___ MATERIAL FOR THE TASK

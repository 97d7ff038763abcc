-- ===== src/Spock/Desired/Acyclic.antt =====
-- The dependencies of `ComputeDesired` (internal/spock/desired.go) have no cycle, where at most
-- one node is filled.
use pgedge_helm.Base.{
  ℕ, ◌<◌, ◌≡◌, sym, true, false, List, [], ◌∷◌, elem, ◌==◌, ==_refl, All, All-elem, All-map,
  if◌then◌else◌, arith, subst, Bool-cases, inl, inr, map,
}
use pgedge_helm.Base.Text.{Text, text_key}
use pgedge_helm.Base.Maps.{Map}
use pgedge_helm.Config.{Node, Config}
use pgedge_helm.Resource.{Identifier, identifier_key}
use pgedge_helm.Spock.Types.{Address}
use pgedge_helm.Spock.ReplicationSlot.{new_replication_slot}
use pgedge_helm.Spock.Object.{Body, slot, Object, body_identifier, body_dependencies}
use pgedge_helm.Spock.Desired.{
  Building, put, Conns, conn_of, add_users_and_nodes, add_populate_resources, add_new_nodes,
  end_state_subscription, add_pair, add_pairs_from, add_pairs, new_nodes, compute_desired,
}
use pgedge_helm.Spock.Desired.Rank.{IsUnambiguous, rank}
use pgedge_helm.Spock.Desired.Bodies.{rk, IsLow, slot-IsLow, subscription-IsLow}
use pgedge_helm.Spock.Desired.Filling.{
  AllLow, put-AllLow, users-AllLow, node_names, populate-Low, end_state_subscription-IsLow,
}

module _ (cfg : Config) (conns : Conns) (n s : Text) (fresh : Map Text Node)
    (peer_deps : Map Text (List Identifier))
    (pair_low : (src dst : Node)
      → elem src.name (node_names cfg) ≡ true
      → elem dst.name (node_names cfg) ≡ true
      → (src.name == dst.name) ≡ false
      → IsLow (node_names cfg) n s (end_state_subscription cfg conns fresh peer_deps src dst)) where
  abbrev Known : List Node → Type 0
  Known = All (λ x. elem x.name (node_names cfg) ≡ true)

  abbrev Low : Building → Type 0
  Low b = AllLow cfg conns (node_names cfg) n s b.resources

  add_pair-Low :
      (src dst : Node) (b : Building)
      → elem src.name (node_names cfg) ≡ true
      → elem dst.name (node_names cfg) ≡ true
      → Low b
      → Low (add_pair cfg conns fresh peer_deps src dst b)
  unfolding add_pair
  add_pair-Low src dst b src_in dst_in low = elim (Bool-cases (src.name == dst.name)) [
    | inl same ↦ subst (λ c. Low (if c then b else added)) (sym same) low
    | inr differ ↦
        subst (λ c. Low (if c then b else added)) (sym differ)
          (put-AllLow cfg conns (node_names cfg) n s
            (end_state_subscription cfg conns fresh peer_deps src dst) (put slot_body b)
            (pair_low src dst src_in dst_in differ)
            (put-AllLow cfg conns (node_names cfg) n s slot_body b
              (slot-IsLow (node_names cfg) n s src.name dst.name cfg.db_name
                (conn_of conns src.name))
              low))
  ]
    where
      slot_body : Body
      slot_body = slot (new_replication_slot src.name dst.name cfg.db_name (conn_of conns src.name))

      added : Building
      added = put (end_state_subscription cfg conns fresh peer_deps src dst) (put slot_body b)

  add_pairs_from-Low :
      (src : Node) (dsts : List Node) (b : Building)
      → elem src.name (node_names cfg) ≡ true
      → Known dsts
      → Low b
      → Low (add_pairs_from cfg conns fresh peer_deps src dsts b)
  unfolding add_pairs_from
  add_pairs_from-Low src [] b src_in known low = low
  add_pairs_from-Low src (x ∷ xs) b src_in known low =
      add_pairs_from-Low src xs (add_pair cfg conns fresh peer_deps src x b) src_in known.1
        (add_pair-Low src x b src_in known.0 low)

  add_pairs-Low :
      (srcs : List Node) (b : Building)
      → Known cfg.nodes
      → Known srcs
      → Low b
      → Low (add_pairs cfg conns fresh peer_deps srcs b)
  unfolding add_pairs
  add_pairs-Low [] b all known low = low
  add_pairs-Low (x ∷ xs) b all known low =
      add_pairs-Low xs (add_pairs_from cfg conns fresh peer_deps x cfg.nodes b) all known.1
        (add_pairs_from-Low x cfg.nodes b known.0 all low)

nodes_known :
    (xs all : List Node)
    → ((k : Text) → elem k (map (λ x. x.name) xs) ≡ true → elem k (map (λ x. x.name) all) ≡ true)
    → All (λ x. elem x.name (map (λ y. y.name) all) ≡ true) xs
nodes_known [] all h = tt
nodes_known (x ∷ xs) all h =
    (h x.name (ground (arith, ==_refl x.name)), nodes_known xs all (λ k m. h k (ground arith)))

-- How many nodes are filled: none, or one from another node of the configuration.
pub data FillsAtMostOne (cfg : Config) : Type 0 where
  none_fills : new_nodes cfg.nodes [] ≡ [] → FillsAtMostOne cfg
  one_fills :
      (fill : Node)
      → new_nodes cfg.nodes [] ≡ (fill.name, fill) ∷ []
      → elem fill.name (node_names cfg) ≡ true
      → elem fill.bootstrap.source_node (node_names cfg) ≡ true
      → (fill.bootstrap.source_node == fill.name) ≡ false
      → FillsAtMostOne cfg

-- A rank that falls along every dependency of every resource of the map.
pub record HasRank (resources : Map Identifier Object) : Type 0 where
  pub rank_of : Identifier → ℕ
  pub falls :
      All
        (λ e.
          (d : Identifier)
          → elem d (body_dependencies e.1.body) ≡ true
          → rank_of d < rank_of (body_identifier e.1.body))
        resources

module _ (cfg : Config) (conns : Conns) (next : Address) where
  abbrev with_fresh : Map Text Node → Building
  with_fresh fresh =
      let b1 = add_users_and_nodes cfg conns cfg.nodes (record { resources = []; next = next }) in
      let (b2, peer_deps) = add_new_nodes cfg conns fresh (b1, []) in
      add_pairs cfg conns fresh peer_deps cfg.nodes b2

  known : All (λ x. elem x.name (node_names cfg) ≡ true) cfg.nodes
  known = nodes_known cfg.nodes cfg.nodes (λ k m. m)

  -- Every resource ranks above what it depends on, in the rank for some node that is filled.
  pub record AllRanked (m : Map Identifier Object) : Type 0 where
    pub filled : Text
    pub source : Text
    pub low : AllLow cfg conns (node_names cfg) filled source m

  ranked :
      (n s : Text) (m : Map Identifier Object)
      → AllLow cfg conns (node_names cfg) n s m
      → AllRanked m
  ranked n s m low = record { filled = n; source = s; low = low }

  pub to_HasRank : (m : Map Identifier Object) → AllRanked m → HasRank m
  to_HasRank m h = record {
    rank_of = rank (node_names cfg) h.filled h.source;
    falls =
        All-map
          (λ e l d dep.
            All-elem
              (λ x.
                rk (node_names cfg) h.filled h.source x
                < rk (node_names cfg) h.filled h.source (body_identifier e.1.body))
              (body_dependencies e.1.body) d l dep)
          m h.low;
  }

  nothing_fills : AllRanked (with_fresh []).resources
  unfolding add_new_nodes
  nothing_fills =
      let b1 = add_users_and_nodes cfg conns cfg.nodes (record { resources = []; next = next }) in
      ranked [] [] _ (
        add_pairs-Low cfg conns [] [] [] []
          (λ src dst _ _ _.
            subscription-IsLow (node_names cfg) [] [] src dst cfg.db_name cfg.pgedge_user false
              (conn_of conns dst.name) [] tt)
          cfg.nodes b1 known known (users-AllLow cfg conns (node_names cfg) [] [] cfg.nodes _ tt))

  one_node_fills :
      (fill : Node)
      → IsUnambiguous (node_names cfg)
      → elem fill.name (node_names cfg) ≡ true
      → elem fill.bootstrap.source_node (node_names cfg) ≡ true
      → (fill.bootstrap.source_node == fill.name) ≡ false
      → AllRanked (with_fresh ((fill.name, fill) ∷ [])).resources
  unfolding add_new_nodes
  one_node_fills fill h n_in s_in ne =
      let n = fill.name in
      let s = fill.bootstrap.source_node in
      let b1 = add_users_and_nodes cfg conns cfg.nodes (record { resources = []; next = next }) in
      let (low, below) =
        populate-Low cfg conns fill h n_in s_in ne b1 known
          (users-AllLow cfg conns (node_names cfg) n s cfg.nodes _ tt) in
      let (b2, waits) = add_populate_resources cfg conns fill b1 in
      ranked n s _ (
        add_pairs-Low cfg conns n s ((n, fill) ∷ []) ((n, waits) ∷ [])
          (end_state_subscription-IsLow cfg conns fill h n_in s_in ne waits below) cfg.nodes b2
          known known low)

  pub compute_desired-AllRanked :
      IsUnambiguous (node_names cfg)
      → FillsAtMostOne cfg
      → AllRanked (compute_desired cfg conns next).resources
  unfolding compute_desired
  compute_desired-AllRanked h (none_fills e) =
      subst (λ m. AllRanked (with_fresh m).resources) (sym e) nothing_fills
  compute_desired-AllRanked h (one_fills fill e n_in s_in ne) =
      subst (λ m. AllRanked (with_fresh m).resources) (sym e) (one_node_fills fill h n_in s_in ne)

  -- The resources that `ComputeDesired` returns have a rank that falls along every dependency,
  -- so that dependencies have no cycle: where no names collide and at most one node is filled.
  pub compute_desired-HasRank :
      IsUnambiguous (node_names cfg)
      → FillsAtMostOne cfg
      → HasRank (compute_desired cfg conns next).resources
  compute_desired-HasRank h fills =
      to_HasRank (compute_desired cfg conns next).resources (compute_desired-AllRanked h fills)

______

__WHAT THE TASK REQUIRES__: Out of the data above, give again only the lines starting at the one holding "ranked n s _" and ending at the one holding "(sym e) nothing_fills", unchanged.

__RESPONSE AREA__:
      ranked n s _ (
        add_pairs-Low cfg conns n s ((n, fill) ∷ []) ((n, waits) ∷ [])
          (end_state_subscription-IsLow cfg conns fill h n_in s_in ne waits below) cfg.nodes b2
          known known low)

  pub compute_desired-AllRanked :
      IsUnambiguous (node_names cfg)
      → FillsAtMostOne cfg
      → AllRanked (compute_desired cfg conns next).resources
  unfolding compute_desired
  compute_desired-AllRanked h (none_fills e) =
      subst (λ m. AllRanked (with_fresh m).resources) (sym e) nothing_fills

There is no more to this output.